Kickers for final 4 NFL playoff teams each have leg up
GREEN BAY, Wis. (AP) - Touchdowns are always nice, but clutch kickers are welcome security blankets for NFL offenses, especially in the playoffs. Three of the four teams left in the postseason have seasoned veterans. And the fourth team, the Pittsburgh Steelers, has a kicker who booted a league playoff-record six field goals last week in Kansas City. Talk about getting a leg up on the competition. "He's pretty smooth. Nothing really puts him off," said Steelers punter Jordan Berry, the holder for kicker Chris Boswell. A second-year player, Boswell already has postseason pedigree. He won Pittsburgh's wild-card game last season against the Cincinnati Bengals with a 35-yard field goal with 14 seconds left, one of four successful tries in that game.
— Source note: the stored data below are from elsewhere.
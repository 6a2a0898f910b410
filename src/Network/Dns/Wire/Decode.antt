-- ===== src/Network/Dns/Wire/Decode.antt =====
-- `decode_response` on any buffer.
use dev_browse.Prelude.{
  ℕ, zero, suc, ◌+◌, ◌*◌, ◌≤◌, ◌<◌, ◌≡◌, List, [], ◌∷◌, length, length-append, is_empty, Outcome,
  arith, not, ◌%◌, ltb, ◌==◌, if◌then◌else◌,
}
use dev_browse.Prelude.Fallible.{
  ◌>>=◌, index, slice, Post, Post-bind, Post-if, index-Post, slice-Post,
}
use dev_browse.Network.Dns.Wire.{WireError, DnsRecord}
use dev_browse.Network.Dns.Wire.Reader.{
  Decoding, DecodedAnswer, u32_max, read_advance, read_u16, read_u32, a_rdata, copy_octets, segment,
  ipv6_from, aaaa_rdata, push_record, take_rdata, decode_record, decode_records, check_rcode,
  decode_response, skip_name,
}
use dev_browse.Network.Dns.Wire.Walk.{skip_name-Ends}

read_advance-Post :
    (buf : List ℕ) (cursor n : ℕ)
    → Post (λ c. (c ≡ cursor + n) × (c ≤ length buf)) (read_advance buf cursor n)
unfolding read_advance
read_advance-Post buf cursor n = ground arith

read_u16-Post :
    (buf : List ℕ) (cursor : ℕ) → Post (λ v. cursor + 2 ≤ length buf) (read_u16 buf cursor)
unfolding read_u16
read_u16-Post buf cursor =
    Post-if _ (ltb (length buf) (cursor + 2)) _ _ (λ e. tt)
      (λ e.
        Post-bind _ _ (index buf cursor) _ (index-Post WireError buf cursor (ground arith))
          (λ b0 h0.
            Post-bind _ _ (index buf (cursor + 1)) _ (index-Post WireError buf _ (ground arith))
              (λ b1 h1. ground arith)))

read_u32-Post :
    (buf : List ℕ) (cursor : ℕ) → Post (λ v. cursor + 4 ≤ length buf) (read_u32 buf cursor)
unfolding read_u32
read_u32-Post buf cursor =
    Post-if _ (ltb (length buf) (cursor + 4)) _ _ (λ e. tt)
      (λ e.
        Post-bind _ _ (index buf cursor) _ (index-Post WireError buf cursor (ground arith))
          (λ b0 h0.
            Post-bind _ _ (index buf (cursor + 1)) _ (index-Post WireError buf _ (ground arith))
              (λ b1 h1.
                Post-bind _ _ (index buf (cursor + 2)) _ (index-Post WireError buf _ (ground arith))
                  (λ b2 h2.
                    Post-bind _ _ (index buf (cursor + 3)) _
                      (index-Post WireError buf _ (ground arith)) (λ b3 h3. ground arith)))))

a_rdata-Post : (rdata : List ℕ) → Post (λ r. length rdata ≡ 4) (a_rdata rdata)
unfolding a_rdata
a_rdata-Post rdata =
    Post-if _ (not (length rdata == 4)) _ _ (λ e. tt)
      (λ e. Post-bind _ _ (index rdata 0) _ (index-Post WireError rdata 0 (ground arith)) (λ b0 h0.
        Post-bind _ _ (index rdata 1) _ (index-Post WireError rdata 1 (ground arith)) (λ b1 h1.
          Post-bind _ _ (index rdata 2) _ (index-Post WireError rdata 2 (ground arith)) (λ b2 h2.
            Post-bind _ _ (index rdata 3) _ (index-Post WireError rdata 3 (ground arith))
              (λ b3 h3. ground arith)))))

segment-Post :
    (octets : List ℕ) (i : ℕ) → 2 * i + 1 < length octets → Post (λ s. Unit) (segment octets i)
unfolding segment
segment-Post octets i h =
    Post-bind _ _ (index octets (2 * i)) _ (index-Post WireError octets _ (omega arith)) (λ high hh.
      Post-bind _ _ (index octets (2 * i + 1)) _ (index-Post WireError octets _ h) (λ low hl. tt))

-- A segment is read and the rest is done, on sixteen octets.
segment_then :
    (Q : Type 0) (octets : List ℕ) (i : ℕ) (f : ℕ → Outcome WireError DnsRecord)
    → length octets ≡ 16
    → i < 8
    → ((s : ℕ) → Post (λ r. Q) (f s))
    → Post (λ r. Q) (segment octets i >>= f)
segment_then Q octets i f n h k =
    Post-bind _ _ (segment octets i) f (segment-Post octets i (omega arith)) (λ s u. k s)

ipv6_from-Post :
    (Q : Type 0) (octets : List ℕ) → length octets ≡ 16 → Q → Post (λ r. Q) (ipv6_from octets)
unfolding ipv6_from
ipv6_from-Post Q octets n q = segment_then Q octets 0 _ n (omega arith) (λ s0.
    segment_then Q octets 1 _ n (omega arith) (λ s1.
      segment_then Q octets 2 _ n (omega arith) (λ s2.
        segment_then Q octets 3 _ n (omega arith) (λ s3.
          segment_then Q octets 4 _ n (omega arith) (λ s4.
            segment_then Q octets 5 _ n (omega arith) (λ s5.
              segment_then Q octets 6 _ n (omega arith)
                (λ s6. segment_then Q octets 7 _ n (omega arith) (λ s7. q))))))))

copy_octets-Post :
    (rdata : List ℕ) → length rdata ≡ 16 → Post (λ o. length o ≡ 16) (copy_octets rdata)
unfolding copy_octets
copy_octets-Post rdata n = ground arith

aaaa_rdata-Post : (rdata : List ℕ) → Post (λ r. length rdata ≡ 16) (aaaa_rdata rdata)
unfolding aaaa_rdata
aaaa_rdata-Post rdata =
    Post-if _ (not (length rdata == 16)) _ _ (λ e. tt)
      (λ e.
        Post-bind _ _ (copy_octets rdata) _ (copy_octets-Post rdata (ground arith))
          (λ o n. ipv6_from-Post _ o n (ground arith)))

-- What the loop over the answers keeps: 17 bytes go before the first answer, and one that is
-- surfaced takes at least 15.
abbrev Progress : List ℕ → Decoding → Type 0
Progress buf d =
    (15 * length d.records + 17 ≤ d.cursor) × (d.cursor ≤ length buf) × (d.min_ttl ≤ u32_max)

push_record-length :
    (r : DnsRecord) (ttl : ℕ) (d : Decoding)
    → (length (push_record r ttl d).records ≡ length d.records + 1)
      × ((push_record r ttl d).min_ttl ≤ d.min_ttl)
unfolding push_record
push_record-length r ttl d = ground (arith, length-append d.records (r ∷ []))

take_rdata-Post :
    (rrtype ttl : ℕ) (rdata : List ℕ) (d : Decoding)
    → Post
        (λ d'.
          (15 * length d'.records ≤ 15 * length d.records + 11 + length rdata)
          × (d'.min_ttl ≤ d.min_ttl))
        (take_rdata rrtype ttl rdata d)
unfolding take_rdata
take_rdata-Post rrtype ttl rdata d =
    Post-if _ (rrtype == 1) _ _
      (λ e.
        Post-bind _ _ (a_rdata rdata) _ (a_rdata-Post rdata)
          (λ r h. omega (arith, push_record-length r ttl d)))
      (λ e.
        Post-if _ (rrtype == 28) _ _
          (λ e'.
            Post-bind _ _ (aaaa_rdata rdata) _ (aaaa_rdata-Post rdata)
              (λ r h. omega (arith, push_record-length r ttl d)))
          (λ e'. omega arith))

decode_record-Post :
    (buf : List ℕ) (d : Decoding) → Progress buf d → Post (Progress buf) (decode_record buf d)
unfolding decode_record
decode_record-Post buf d p =
    Post-bind _ _ (skip_name buf d.cursor) _ (skip_name-Ends buf d.cursor) (λ c hc.
      Post-bind _ _ (read_u16 buf c) _ (read_u16-Post buf c) (λ rrtype h1.
        Post-bind _ _ (read_u16 buf (c + 2)) _ (read_u16-Post buf (c + 2)) (λ class h2.
          Post-bind _ _ (read_u32 buf (c + 4)) _ (read_u32-Post buf (c + 4)) (λ ttl h3.
            Post-bind _ _ (read_u16 buf (c + 8)) _ (read_u16-Post buf (c + 8)) (λ n h4.
              Post-if _ (ltb (length buf) (c + 10 + n)) _ _ (λ e. tt)
                (λ e.
                  Post-bind _ _ (slice buf (c + 10) (c + 10 + n)) _
                    (slice-Post WireError buf (c + 10) (c + 10 + n) (omega arith) (ground arith))
                    (λ rdata short.
                      Post-bind _ _ (take_rdata rrtype ttl rdata d) _
                        (take_rdata-Post rrtype ttl rdata d)
                        (λ d' h. ground (arith, p, hc, h, short)))))))))

decode_records-Post :
    (ancount : ℕ) (buf : List ℕ) (d : Decoding)
    → Progress buf d
    → Post (Progress buf) (decode_records ancount buf d)
unfolding decode_records
decode_records-Post zero buf d p = p
decode_records-Post (suc ancount) buf d p =
    Post-bind _ _ (decode_record buf d) _ (decode_record-Post buf d p)
      (λ d' p'. decode_records-Post ancount buf d' p')

check_rcode-Post : (rcode : ℕ) → Post (λ _. rcode ≡ 0) (check_rcode rcode)
unfolding check_rcode
check_rcode-Post rcode = ground arith

-- What a decoded answer satisfies: it is small in the message, and its time to live is a `u32`.
abbrev pub Answer : List ℕ → DecodedAnswer → Type 0
Answer buf a =
    (15 * length a.records + 17 ≤ length buf)
    × (length buf ≤ 65536)
    × (a.min_ttl ≤ u32_max)
    × (a.min_ttl ≡ (if is_empty a.records then 0 else a.min_ttl))

-- On every buffer, hostile ones included, `decode_response` does not panic: no read is out of
-- bounds and no loop runs on. An answer that it accepts comes from a message of at most 65536
-- bytes, of which every record took 15 at least and what stands before the records 17, so a false
-- record count in the header cannot inflate it; its time to live fits a `u32`, and is 0 when it has
-- no record.
pub decode_response-Answer : (buf : List ℕ) → Post (Answer buf) (decode_response buf)
unfolding decode_response
decode_response-Answer buf =
    Post-if _ (ltb 65536 (length buf)) _ _ (λ e. tt)
      (λ e.
        Post-if _ (ltb (length buf) 12) _ _ (λ e'. tt)
          (λ e'.
            let byte = λ (i : ℕ) (h : i < 12). index-Post WireError buf i (ground arith) in
            Post-bind _ _ (index buf 2) _ (byte 2 (omega arith)) (λ f0 _.
              Post-bind _ _ (index buf 3) _ (byte 3 (omega arith)) (λ f1 _.
                Post-bind _ _ (index buf 4) _ (byte 4 (omega arith)) (λ q0 _.
                  Post-bind _ _ (index buf 5) _ (byte 5 (omega arith)) (λ q1 _.
                    Post-bind _ _ (index buf 6) _ (byte 6 (omega arith)) (λ n0 _.
                      Post-bind _ _ (index buf 7) _ (byte 7 (omega arith)) (λ n1 _.
                        Post-if _ (not (q0 * 256 + q1 == 1)) _ _ (λ _. tt)
                          (λ _.
                            Post-bind _ _ (check_rcode ((f0 * 256 + f1) % 16)) _
                              (check_rcode-Post _)
                              (λ _ _.
                                Post-bind _ _ (skip_name buf 12) _ (skip_name-Ends buf 12) (λ c hc.
                                  Post-bind _ _ (read_advance buf c 4) _ (read_advance-Post buf c 4)
                                    (λ c' hc'.
                                      Post-bind _ _ (decode_records (n0 * 256 + n1) buf _) _
                                        (decode_records-Post _ buf _ (omega arith))
                                        (λ d p. ground arith)))))))))))))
1 wounded in school shooting, 'could have been much worse'
WEST LIBERTY, Ohio (AP) - A school shooting that left one student hospitalized and others scrambling out classroom windows could have been far worse if not for the heroics of staff members who stopped the shooter and had him pinned down when police arrived, authorities said. The shooter, a 17-year-old senior, used a shotgun and intended to harm more than the student who was hit, Champaign County Sheriff Matthew Melvin said. The shooter was in custody facing a preliminary charge of felonious assault, with an initial hearing scheduled Monday, authorities said. "As tragic as this situation is, we are very, very fortunate," prosecutor Kevin Talebi said.